It was The Breakfast Club that elevated Judd Nelson, Emilio Estevez, and Molly Ringwald to stardom. The story of five kids coping with Saturday detention is regarded by many as the greatest coming of age stories of all time, and perhaps, more importantly, it has taught us life lessons that are relevant to people of all age groups as it resonates well across generations.
Here’s what we learned from The Breakfast Club
Asking Important Questions in Life
Breaking barriers and achieving success requires hard work and making smart decisions. In The Breakfast Club, we see the teens bringing up important questions about life. It’s the most effective way of learning made more important by the fact that remarkable thinkers never quit asking questions because they know it’s the perfect way to gain deep insights.

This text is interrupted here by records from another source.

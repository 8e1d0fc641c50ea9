-- ===== src/Inspection/Sse/Reader.antt =====
-- inspection/engine.py: the loop of `_redact_sse` over the text of a stream, with what it collects. Whether the
-- text of a float is zero, and the texts of other values, are parameters.

use ai_security_gateway.Base.{
  ends_with, ℕ, suc, String, Bool, false, not, ◌||◌, Option, List, [], ◌∷◌, ◌==◌, str_eq, is_set,
  codes, if◌then◌else◌, none, some,
}
use ai_security_gateway.Base.Dict
use ai_security_gateway.Base.Exec.{pure, raise, lift, ◌>>=◌, ◌>>◌}
use ai_security_gateway.Inspection.Json.{
  Json, int, arr, obj, pos, Items, nil, cons, Fields, end, field, member,
}
use ai_security_gateway.Inspection.Engine.Response.{append_fields}
use ai_security_gateway.Inspection.Sse.Collect.{Leaf, Source, collect}
use ai_security_gateway.Inspection.Contracts.{Bytes, InspectionConfig, inspection_error}
use ai_security_gateway.Inspection.Session.{Parts, I, refuse_if, signatures}
use ai_security_gateway.Inspection.Protocol.Headers.{drop_last_two}
use ai_security_gateway.Inspection.Sse.{
  StreamState, initial, Family, chat, responses, anthropic, gemini, mcp,
}
use ai_security_gateway.Inspection.Sse.Lines.{
  without_mark, with_newlines, split_events, split_lines, join_lines, read_lines,
}
use ai_security_gateway.Inspection.Sse.Stream.{
  Event, no_data, done, data_event, value_event, done_event, finish,
}

abbrev pub has_code : ℕ → List ℕ → Bool
has_code n [] = false
has_code n (c ∷ cs) = c == n || has_code n cs

-- What a turn of the loop gives: the event, its value to be sent, where it has one, and its texts.
pub record Read : Type 0 where
  pub event : Event
  pub value : Option Json
  pub leaves : List Leaf

abbrev pub without_value : Event → Read
without_value e = record { event = e; value = none; leaves = [] }

-- `candidate.setdefault("index", 0)`
unfoldable pub with_index : Json → Json
with_index (obj fs) = elim (member "index" fs) [
  | none ↦ obj (append_fields fs (field "index" (int (pos 0)) end))
  | some j ↦ obj fs
]
with_index j = j

unfoldable pub with_indices : Items → Items
with_indices nil = nil
with_indices (cons j js) = cons (with_index j) (with_indices js)

-- The value of an event after its checks.
unfoldable pub checked_value : Family → Fields → Fields
checked_value gemini end = end
checked_value gemini (field k (arr js) fs) =
    let rest = checked_value gemini fs in
    if str_eq k "candidates" then field k (arr (with_indices js)) fs else field k (arr js) rest
checked_value gemini (field k j fs) = field k j (checked_value gemini fs)
checked_value chat fs = fs
checked_value responses fs = fs
checked_value anthropic fs = fs
checked_value mcp fs = fs

-- The turns of a stream, with the lines of each.
abbrev pub Turns : Type 0
Turns = List (List String × Read)

unfoldable pub events_of : Turns → List Event
events_of [] = []
events_of ((lines, r) ∷ rs) = r.event ∷ events_of rs

module _ {File : Type 0} (parts : Parts) (config : InspectionConfig) (is_zero : String → Bool)
    (str_of : Json → String) (provider : Option String) where
  unfoldable pub collect_event : ℕ → Option Family → Fields → I File (Fields × List Leaf)
  collect_event ordinal none fs = pure (fs, [])
  collect_event ordinal (some family) fs = do
    let value = checked_value family fs
    let source : Source = record {
      family = family;
      whole = value;
      ordinal = ordinal;
      provider = provider;
    }
    leaves ← collect parts config str_of source [] [] (obj value)
    pure (value, leaves)

  -- A decoded value: a dict, without secrets and suspicious instructions, of the stream's protocol.
  unfoldable pub read_dict : ℕ → Option String → Json → StreamState → I File (Read × StreamState)
  read_dict ordinal name (obj fs) s = do
    signatures parts config (obj fs)
    t ← lift (value_event is_zero name fs s)
    collected ← collect_event ordinal t.family fs
    pure (
      record {
        event = data_event name (obj fs);
        value = some (obj collected.0);
        leaves = collected.1;
      },
      t,
    )
  read_dict ordinal name _ s = raise (inspection_error "unsupported_sse_payload")

  unfoldable pub read_json : ℕ → Option String → String → StreamState → I File (Read × StreamState)
  read_json ordinal name content s = do
    bytes ← lift (parts.encode_utf8 content)
    value ← lift (parts.strict_json bytes)
    read_dict ordinal name value s

  unfoldable pub read_done : StreamState → I File (Read × StreamState)
  read_done s = do t ← lift (done_event s); pure (without_value done, t)

  unfoldable pub read_some : ℕ → Option String → String → StreamState → I File (Read × StreamState)
  read_some ordinal name content s = do
    refuse_if s.terminal "sse_data_after_terminal"
    if str_eq content "[DONE]" then read_done s else read_json ordinal name content s

  unfoldable pub read_data : ℕ → Option String → String → StreamState → I File (Read × StreamState)
  read_data ordinal name content s =
      if is_set content then read_some ordinal name content s else pure (without_value no_data, s)

  -- One turn of the loop.
  unfoldable pub read_event : ℕ → String → StreamState → I File (Read × StreamState)
  read_event ordinal text s = do
    l ← read_lines parts config (split_lines text) (record { data_lines = []; metadata = [] })
    read_data ordinal (Dict.get "event" l.metadata) (join_lines l.data_lines) s

  unfoldable pub read_events : ℕ → List String → StreamState → I File (Turns × StreamState)
  read_events ordinal [] s = pure ([], s)
  read_events ordinal (text ∷ more) s = do
    first ← read_event ordinal text s
    rest ← read_events (suc ordinal) more first.1
    pure ((split_lines text, first.0) ∷ rest.0, rest.1)

  unfoldable pub finish_events : Turns × StreamState → I File (Turns × StreamState)
  finish_events read = do t ← lift (finish read.1); pure (read.0, t)

  unfoldable pub read_text : String → I File (Turns × StreamState)
  read_text text = do
    refuse_if (not (ends_with "\n\n" text)) "incomplete_sse_event"
    refuse_if (has_code 0 (codes text)) "invalid_sse_control_character"
    read ← read_events 0 (split_events (drop_last_two text)) initial
    finish_events read

  -- The body, up to what is collected for the redaction.
  unfoldable pub read_stream : Bytes → I File (Turns × StreamState)
  read_stream body = do
    text ← lift (parts.decode_utf8 body)
    read_text (with_newlines (without_mark text))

To Be Proud of Who You Are
In an age where images of picture-perfect celebrities are imposed on impressionable young people, The Breakfast Club encouraged its viewers to embrace who they really are instead of conforming to society’s unrealistic standards. We learn to respect ourselves and trust our own abilities, that we are unique in our own little way. There is no need for any of us to change who we are to fit into someone else’s ideals.
Are You Insecure? Own It
We all have some insecurities in life that prevent us from crawling out of our little shells. The Breakfast Club has taught us to own up to these insecurities, to stay bold, and to be proud. It’s very similar to how Tyrion Lannister (Peter Dinklage) from Game of Thrones puts it— wear your own preconceived weaknesses like an armor so others can’t use them to hurt you.

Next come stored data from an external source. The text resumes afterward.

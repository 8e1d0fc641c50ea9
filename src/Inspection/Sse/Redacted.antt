-- ===== src/Inspection/Sse/Redacted.antt =====
-- inspection/engine.py: the events with their new texts, and `_redact_sse` as a whole.
use Prim.Native.String.{◌++◌ as str_append}
use ai_security_gateway.Base.{
  ℕ, suc, String, Bool, Option, none, some, List, [], ◌∷◌, ◌++◌, ◌==◌, str_eq, if◌then◌else◌,
}
use ai_security_gateway.Base.Exec.{pure, lift, ◌>>=◌}
use ai_security_gateway.Inspection.Json.{Json}
use ai_security_gateway.Inspection.Contracts.{Bytes, InspectionConfig, PiiAction}
use ai_security_gateway.Inspection.Session.{Parts, I}
use ai_security_gateway.Inspection.Sse.Collect.{Leaf}
use ai_security_gateway.Inspection.Sse.Lines.{field_of, join_lines}
use ai_security_gateway.Inspection.Sse.Edits.{Edit, groups_from, edit_groups, set_at}
use ai_security_gateway.Inspection.Sse.Reader.{Turns, read_stream}

unfoldable pub leaves_of : Turns → List Leaf
leaves_of [] = []
leaves_of ((lines, r) ∷ rs) = r.leaves ++ leaves_of rs

-- The value of an event of a number, with the new texts of that event.
unfoldable pub edited : List Edit → ℕ → Json → Json
edited [] i j = j
edited (e ∷ es) i j =
    let here = edited es i (set_at e.leaf.place e.replacement j) in
    let elsewhere = edited es i j in if e.leaf.ordinal == i then here else elsewhere

-- The lines of an event other than its data.
unfoldable pub other_lines : List String → List String
other_lines [] = []
other_lines (l ∷ ls) = if str_eq (field_of l) "data" then other_lines ls else l ∷ other_lines ls

module _ {File : Type 0} (parts : Parts) (config : InspectionConfig) where
  unfoldable pub render_event : List Edit → ℕ → List String → Option Json → I File String
  render_event es i lines none = pure (join_lines lines)
  render_event es i lines (some j) = do
    bytes ← lift (parts.encode_json (edited es i j))
    data_text ← lift (parts.decode_utf8 bytes)
    pure (join_lines (other_lines lines ++ str_append "data: " data_text ∷ []))

  -- The events, each with an empty line after it.
  unfoldable pub render : List Edit → ℕ → Turns → I File String
  render es i [] = pure ""
  render es i ((lines, r) ∷ rs) = do
    first ← render_event es i lines r.value
    rest ← render es (suc i) rs
    pure (str_append first (str_append "\n\n" rest))

  unfoldable pub sent_body : Bytes → Turns → List Edit → I File Bytes
  sent_body body turns [] = pure body
  sent_body body turns (e ∷ es) = do text ← render (e ∷ es) 0 turns; lift (parts.encode_utf8 text)

  unfoldable pub redact_turns : PiiAction → Bytes → Turns → I File Bytes
  redact_turns action body turns = do
    edits ← edit_groups parts config action (groups_from [] (leaves_of turns))
    sent_body body turns edits

  module _ (is_zero : String → Bool) (str_of : Json → String) where
    -- `_redact_sse`
    unfoldable pub redact_sse : Bytes → PiiAction → Option String → I File Bytes
    redact_sse body action provider = do
      read ← read_stream parts config is_zero str_of provider body
      redact_turns action body read.0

Everyone is Struggling Through Life
Every person around us is going through something that bothers them. They are just good at hiding what hurts them. They hide what plights them from public scrutiny and try to solve it in isolation, but sometimes their miseries creep out of its cage. This flawed approach to life can backfire in many ways, and you eventually start believing you are the only person going through problems. That simply isn’t life.
Parents Play important roles in Our Lives
What’s the secret behind Bender’s generally distraught behavior? The same reason why many of us struggle: our parents. Bender’s problems at home made him skeptical about others around him, so he distanced himself from social interaction and engaged in disruptive behavior.
Finding a Common Enemy
There is a group of people with conflicting interests and goals who find themselves at odds with each other. What’s the best way to unite them? The Breakfast Club helps us unravel human psychology by delving deep into the minds of the five protagonists who unite over their mutual hatred of a common enemy, which in this case is the assistant principal Richard Vernon.
It was refreshing to see everyone cover for Bender when he closed the library doors and sneaked out of solitary confinement even though everyone had a general disregard for his antics.